DMM WEBCAMP AdventCalendarの10日目を担当いたします、@solare_tech です。
大雑把にいうと、DMM WEBCAMP運営部の中の人の1人です。何卒よろしくお願いします。
めんどくさいコマンドを簡略化できるエイリアス
みなさん、ターミナル使いこなしてますか?
プログラミングに取り組む上で、ターミナルのコマンドが複雑と感じる人は結構多いんじゃないかなと思っています。
一つの動作を実行するのに、いちいち長いコマンドを入力するのは面倒ですし、もっと簡略化したい……。
そんな願いを叶えてくれる便利なヤツが、エイリアスです。
ターミナルを知ろう
エイリアスとは何かを説明する前に、エイリアスというものを取り巻くターミナルについて説明していきます。
ここでは、まずイメージを持ってもらうことを重視しますので、具体的なコマンドやスクリプトの記法については、そんなに話しません。
指摘、疑問のコメントは大歓迎です!!
キーワード
ターミナル
コマンドを使ってパソコンを操作するための、Macアプリケーションです。
後述しますが、Windowsでは**Git Bash**などを導入することで、同じ動きができます。
コマンド
ターミナルでパソコンを操作するための命令文です。
シェル
パソコンの中身と我々人間をつなぐ受付係。
我々人間は、ターミナルを介して「パソコンさんにこういう動作をお願いしたいんだけど」とお願いをします。
このお願いの部分が、コマンドです。
bash
シェルさんの進化系。
macOSのターミナルやWindows用のGit bashなどには、このbashという名前の受付係さんが待機しています。
進化した分、シェルさんより仕事の効率が良いらしいですが、今のところ、違いは意識しなくても問題ありません。

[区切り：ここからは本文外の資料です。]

-- ===== src/Program/Options/Single.antt =====
-- A run with one display option.
use procenv.Prelude.{
  Option, ℕ, ◌+◌, ◌*◌, length, ◌≤◌, ◌≡◌, ◌≢◌, refl, ap, ◌∙◌, none, some, List, [], ◌∷◌, ◌++◌, Bool,
  true, false, ◌==◌, if◌then◌else◌, Bytes, Text, int_max, Outcome, ok, halt, pure, and_then, ◌>>=◌,
  ◌>>◌, arith, Bool-cases, inl, inr,
}
use procenv.Pstring.{Decode, pstring_chomp, sizeof_wchar}
use procenv.Pstring.Chomp.{stored, is_removable, chomp-keeps}
use procenv.Output.{State, json, ElementType, common_assert}
use procenv.Output.Elements.{lift}
use procenv.Output.Elements.Steps.{on, indentation, IsReady}
use procenv.Output.Master.{master_header, master_footer, master_footer_in}
use procenv.Document.{Nodes, room_nodes, emit_nodes, EncodesNodes}
use procenv.Document.Json.{json_body}
use procenv.Document.Json.Whole.{json_document, json_document-run}
use procenv.Program.Emits.{and_then-cong, assert_twice}
use procenv.Program.Environment.{ArgArray, modify}
use procenv.Program.Main.{Display, display_options, find_display, World, show_display, dump}
use procenv.Program.Main.Displays.{Displays}
use procenv.Program.Main.Runs.{show_display-Emits}
use procenv.Program.Options.{
  letter, flags_of, display_letter, show_letter, handle_letter, handle_event, options_loop,
  on_pstring, chomp_doc, compress_doc, finish_done, exec_command, run_main,
}

-- No display option is '?'.
not_invalid : (c : ℕ) (d : Display) → find_display c display_options ≡ some d → (c == b'?') ≡ false
unfolding find_display
not_invalid c d h = elim (Bool-cases (c == b'?')) [
  | inl e ↦
      let c_is : c ≡ b'?' = ground arith in
      let none_is : find_display b'?' display_options ≡ some d = rw c_is at h in
      absurd (ground (arith, none_is))
  | inr e ↦ e
]

module _ (decode : Decode) (iswprint : ℕ → Bool) (w : World) (s : State) (a : ℕ)
    (ready : IsReady s a) (is_json : s.output_format ≡ json)
    (wide : s.wide_indent_char ≢ b'}') where
  -- The document of a JSON run ends in a brace and a newline, and stays as it is.
  chomp-json :
      (t : Text) (n : ℕ) (l c : ElementType)
      → chomp_doc decode iswprint w (on s (b'{' ∷ (t ++ b'}' ∷ b'\n' ∷ [])) n l c)
        ≡ ok (tt, on s (b'{' ∷ (t ++ b'}' ∷ b'\n' ∷ [])) n l c)
  unfolding on_pstring
  chomp-json t n l c =
      let u = b'{' ∷ t in
      let size = (1 + length (u ++ b'}' ∷ b'\n' ∷ [])) * sizeof_wchar in
      let stop : is_removable s.wide_indent_char b'}' ≡ false = ground arith in
      let kept : pstring_chomp s.wide_indent_char (stored (u ++ b'}' ∷ b'\n' ∷ []) size)
          ≡ ok (stored (u ++ b'}' ∷ b'\n' ∷ []) size) =
        chomp-keeps s.wide_indent_char u b'}' stop size (b'\n' ∷ []) (refl, tt) (omega arith) in
      ap
        (λ o.
          and_then (lift o (on s (u ++ b'}' ∷ b'\n' ∷ []) n l c))
            λ d'. modify λ t. record t { doc = some d' })
        kept

  footed :
      (u t : State)
      → master_footer w.build_package u ≡ ok (tt, t)
      → (common_assert >> master_footer w.build_package) u ≡ ok (tt, t)
  unfolding master_footer
  footed u t h = assert_twice (λ s. master_footer_in w.build_package s.output_format s) u ∙ h

  -- What follows the loop, where `master_footer` ends a document that is kept.
  ends :
      (o : Outcome (Unit {0} × State)) (t : State) (rest : List Bytes) (args : Option ArgArray)
      → and_then o (λ _. master_footer w.build_package) ≡ ok (tt, t)
      → t.output_format ≡ json
      → chomp_doc decode iswprint w t ≡ ok (tt, t)
      → and_then
          (and_then (and_then o (λ _. pure (record (flags_of args) { done = true }))) (λ f. pure f))
          (λ f.
            (if f.done then finish_done decode iswprint w else pure tt)
            >> (exec_command decode iswprint w f rest >>= λ command.
                (if f.done
                  then pure tt
                  else dump decode iswprint w
                    >> chomp_doc decode iswprint w
                    >> compress_doc decode iswprint w)
                >> pure command))
        ≡ ok (args, t)
  unfolding finish_done exec_command master_footer
  ends (halt why) t rest args h j k = absurd (cc)
  ends (ok (tt, u)) t rest none h j k = rw (footed u t h, k, j) refl
  ends (ok (tt, u)) t rest (some args) h j k = rw (footed u t h, k, j) refl

  -- What the letter's option writes behind the header.
  letter-run :
      (c : ℕ) (d : Display) (xs : Nodes) (t : State)
      → find_display c display_options ≡ some d
      → Displays decode iswprint w d xs
      → display_letter decode iswprint w c t
        ≡ (master_header w.build_package >> emit_nodes decode iswprint xs) t
  unfolding show_letter
  letter-run c d xs t found shows =
      let valid = not_invalid c d found in
      let written = show_display-Emits decode iswprint w shows in
      rw (valid, found)
        (and_then-cong (master_header w.build_package t) (λ _. show_display decode iswprint w d)
          (λ _. emit_nodes decode iswprint xs) λ _ u. written.run u)

  -- With JSON output and one display option, `main` returns up to its output, the command to
  -- run is the one that $PROCENV_EXEC has set, and none without it, and the document it outputs is the one that `json_document` describes for the tree of the
  -- option: a header brace, the tree, a closing brace and a newline, which `pstring_chomp` keeps.
  -- Conditions: the option's tree is one of `Displays`, so that its queries of the system succeed
  -- and the platform's operations display trees; every name and value can be converted and encoded;
  -- the indent amount is not negative and the deepest indentation fits `int`; the wide indent
  -- character is neither nul nor a closing brace; nothing has been written before.
  pub run_main-json :
      (c : ℕ) (d : Display) (xs : Nodes) (rest : List Bytes) (args : Option ArgArray)
      → find_display c display_options ≡ some d
      → Displays decode iswprint w d xs
      → EncodesNodes decode iswprint json xs
      → a + room_nodes a xs ≤ int_max
      → (l : ElementType) × (run_main decode iswprint w
            (letter c ∷ [])
            rest
            (flags_of args)
            (on s [] 0 ElementType.no_element ElementType.no_element)
          ≡ ok (
            args,
            on s (json_document decode iswprint (indentation s) a xs) 0 l ElementType.object_close,
          ))
  unfolding run_main options_loop handle_event handle_letter
  run_main-json c d xs rest args found shows encodes room =
      let start = on s [] 0 ElementType.no_element ElementType.no_element in
      let (l, e) =
        json_document-run decode iswprint w.build_package s a ready is_json xs encodes room in
      let end =
        on s (json_document decode iswprint (indentation s) a xs) 0 l ElementType.object_close in
      let kept =
        chomp-json (json_body decode iswprint (indentation s) a 0 xs) 0 l
          ElementType.object_close in
      (
        l,
        rw (letter-run c d xs start found shows) (
            ends ((master_header w.build_package >> emit_nodes decode iswprint xs) start) end rest
              args e is_json kept),
      )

【参考】bashとは|「分かりそう」で「分からない」でも「分かった」気になれるIT用語辞典
参考 : bashの仲間
bashと同じような仕事をする仲間として、zsh、cshなどがあります。違う会社の受付をしていたり、一つの会社の中でbashさんやzshさんが受付を担当していたりと、形はさまざまです。
エイリアス
ここで、いよいよエイリアスの登場です。
エイリアスとは、ざっくりいうと、bashさんが知っている略語です。
略語というと、皆さん何を思い浮かべますか?
例えば、**「ググる」**という言葉。
この言葉は、「Googleで検索して、意味を調べる」という略語です。
また、今年流行ったタピオカドリンクに関連して生まれた、**「タピる」**という言葉。

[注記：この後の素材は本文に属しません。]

-- ===== src/Program/Options/Whole.antt =====
-- A whole run of `main` of src/procenv.c, from the environment on.
use procenv.Prelude.{
  ℕ, ◌+◌, ◌≤◌, ◌≡◌, refl, ap, ◌∙◌, Option, none, some, List, [], ◌∷◌, ◌++◌, map, Bool, Bytes,
  int_max, ok, and_then, codes, All, arith,
}
use procenv.Pstring.{Decode, pstring_new}
use procenv.Output.{
  State, initial, json, ElementType, same, find_name, set_output_format, handle_indent_char,
}
use procenv.Output.Elements.Steps.{on, indentation, IsReady}
use procenv.Document.{Nodes, room_nodes, EncodesNodes}
use procenv.Document.Json.Whole.{json_document}
use procenv.Program.Tokens.{fields}
use procenv.Program.Environment.{ArgArray, given, check_envvars}
use procenv.Program.Environment.Exec.{exec_args_of_lem}
use procenv.Program.Main.{Display, display_options, find_display, World}
use procenv.Program.Main.Displays.{Displays}
use procenv.Program.Options.{letter, flags_of, run_main, main}
use procenv.Program.Options.Single.{run_main-json}

-- The variables that set something, but for the format and the command.
abbrev pub other_settings : List Bytes
other_settings =
    codes "PROCENV_OUTPUT"
    ∷ codes "PROCENV_FILE"
    ∷ codes "PROCENV_FILE_APPEND"
    ∷ codes "PROCENV_INDENT"
    ∷ codes "PROCENV_INDENT_CHAR"
    ∷ codes "PROCENV_SEPARATOR"
    ∷ codes "PROCENV_CRUMB_SEPARATOR"
    ∷ []

-- The globals of the output layer in front of the loop over the options.
abbrev pub json_start : State
json_start = record initial {
  doc = some pstring_new;
  output_format = json;
  wide_indent_char = b' ';
}

json_start-IsReady : IsReady json_start 2
json_start-IsReady = record { amount = refl; wide = omega arith }

-- The arguments of a command and the NULL behind them.
abbrev pub command_of : Bytes → ArgArray
command_of e = map some (fields 32 e) ++ none ∷ []

checked :
    (getenv : Bytes → Option Bytes) (e : Bytes) (s : State)
    → given getenv (codes "PROCENV_FORMAT") ≡ some (codes "json")
    → given getenv (codes "PROCENV_EXEC") ≡ some e
    → All (λ n. given getenv n ≡ none) other_settings
    → check_envvars getenv s ≡ ok (some (command_of e), record s { output_format = json })
unfolding check_envvars set_output_format find_name same
checked getenv e s f x (o, (file, (append, (ind, (ind_char, (sep, (crumb, u))))))) =
    rw (check_envvars, o, file, append, f, ind, ind_char, sep, crumb, x, exec_args_of_lem e) refl

-- A space is a wide character.
indent_read :
    (decode : Decode)
    → decode (b' ' ∷ []) ≡ some (b' ' ∷ [])
    → handle_indent_char decode (record initial { doc = some pstring_new; output_format = json })
      ≡ ok (tt, json_start)
unfolding handle_indent_char
indent_read decode space = rw (handle_indent_char, space) refl

module _ (decode : Decode) (iswprint : ℕ → Bool) (w : World) (getenv : Bytes → Option Bytes) where
  -- With $PROCENV_FORMAT set to "json", a command in $PROCENV_EXEC, none of the other settings in
  -- the environment, and one display option, `main` returns up to its output. The document is the
  -- one that `json_document` describes for the tree of the option, and the command that is run
  -- behind it is that of $PROCENV_EXEC, cut at every space, whatever arguments are left on the
  -- command line. Conditions: the option's tree is one of `Displays`, so that its queries of the
  -- system succeed and the platform's operations display trees; a space is converted to a space;
  -- every name and value can be converted and encoded; the deepest indentation fits `int`.
  pub main-json :
      (e : Bytes) (c : ℕ) (d : Display) (xs : Nodes) (rest : List Bytes)
      → given getenv (codes "PROCENV_FORMAT") ≡ some (codes "json")
      → given getenv (codes "PROCENV_EXEC") ≡ some e
      → All (λ n. given getenv n ≡ none) other_settings
      → decode (b' ' ∷ []) ≡ some (b' ' ∷ [])
      → find_display c display_options ≡ some d
      → Displays decode iswprint w d xs
      → EncodesNodes decode iswprint json xs
      → 2 + room_nodes 2 xs ≤ int_max
      → (l : ElementType) × (main decode iswprint w getenv (letter c ∷ []) rest initial
          ≡ ok (
            some (command_of e),
            on json_start
                (json_document decode iswprint (indentation json_start) 2 xs)
                0
                l
                ElementType.object_close,
          ))
  unfolding main
  main-json e c d xs rest f x o space found shows encodes room =
      let (l, r) =
        run_main-json decode iswprint w json_start 2 json_start-IsReady refl (λ h. omega (arith, h))
          c d xs rest (some (command_of e)) found shows encodes room in
      let s = record initial { doc = some pstring_new } in
      (
        l,
        rw (checked getenv e s f x o) (
            ap
              (λ o. and_then o λ _.
                run_main decode iswprint w (letter c ∷ []) rest (flags_of (some (command_of e))))
              (indent_read decode space)
            ∙ r),
      )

これは「タピオカドリンクを買って飲む」という意味の略語になります。
このように、「別の行動を略語として言い表しているもの」が、エイリアスです。
エイリアス | 実際に行うこと |
---|---|
ググる | Googleで検索して、意味を調べる |
タピる | タピオカドリンクを買って飲む |
.bashrc / .bash_profile
この後、.bashrc
と.bash_profile
というふたつのファイルを編集していただきます。
ざっくり言うと、これらはbashさんのお仕事マニュアルです。
bashさんが我々人間の応対を行うときに必要な知識が、ここに書かれています。
そして、bashさんが使えるエイリアス=略語
も、ここに書かれています。
bashさんは、全く初めての状態から**「タピる」**という略語を知っているわけではありません。
.bashrc
に「タピる」という言葉が書かれて初めて、「タピる=タピオカドリンクを買う、飲む」という意味を知るのです。
言い換えると、.bashrc
にエイリアスを追加してあげることで、bashさんはエイリアスを意味のある略語として理解することができます。
また、bashさんのマニュアルには
.bash_profile
.bashrc
の二つがあります。
これも大まかに説明すると
.bash_profile
:ターミナルへのログイン時にbashが確認するマニュアル
→朝一番で出勤して、誰よりも早く受付に立つ前に目を通すイメージ
.bashrc
:他の係員(zshなどの他のシェル)と交代したときにbashさんが確認するマニュアル
→昼から出勤して、別の人と交代した時に目を通すイメージ
この辺りは、実際にエイリアスを書くときに詳しく説明します。
エイリアスを作ってみよう
.bashrcを書き換えてみよう
1. 何はともあれやってみよう
まずは.bashrc
を書き換えてみましょう。
先ほどお伝えした通り、ここに略語をどんどん登録していきます。
Macであればターミナル、WindowsであればGit Bashなどを開いてみましょう。
開いたら、まず下記のコマンドを打ってみましょう。
(以下、Windowsの方は「ターミナル」を"Git Bash"などに読み替えてください。)
vi ~/.bashrc
すると、ターミナル上でvi
というテキストエディタが起動します。
何か記述されていたり、されていなかったりするかもしれませんが、一番最後の行に下記を追加しましょう。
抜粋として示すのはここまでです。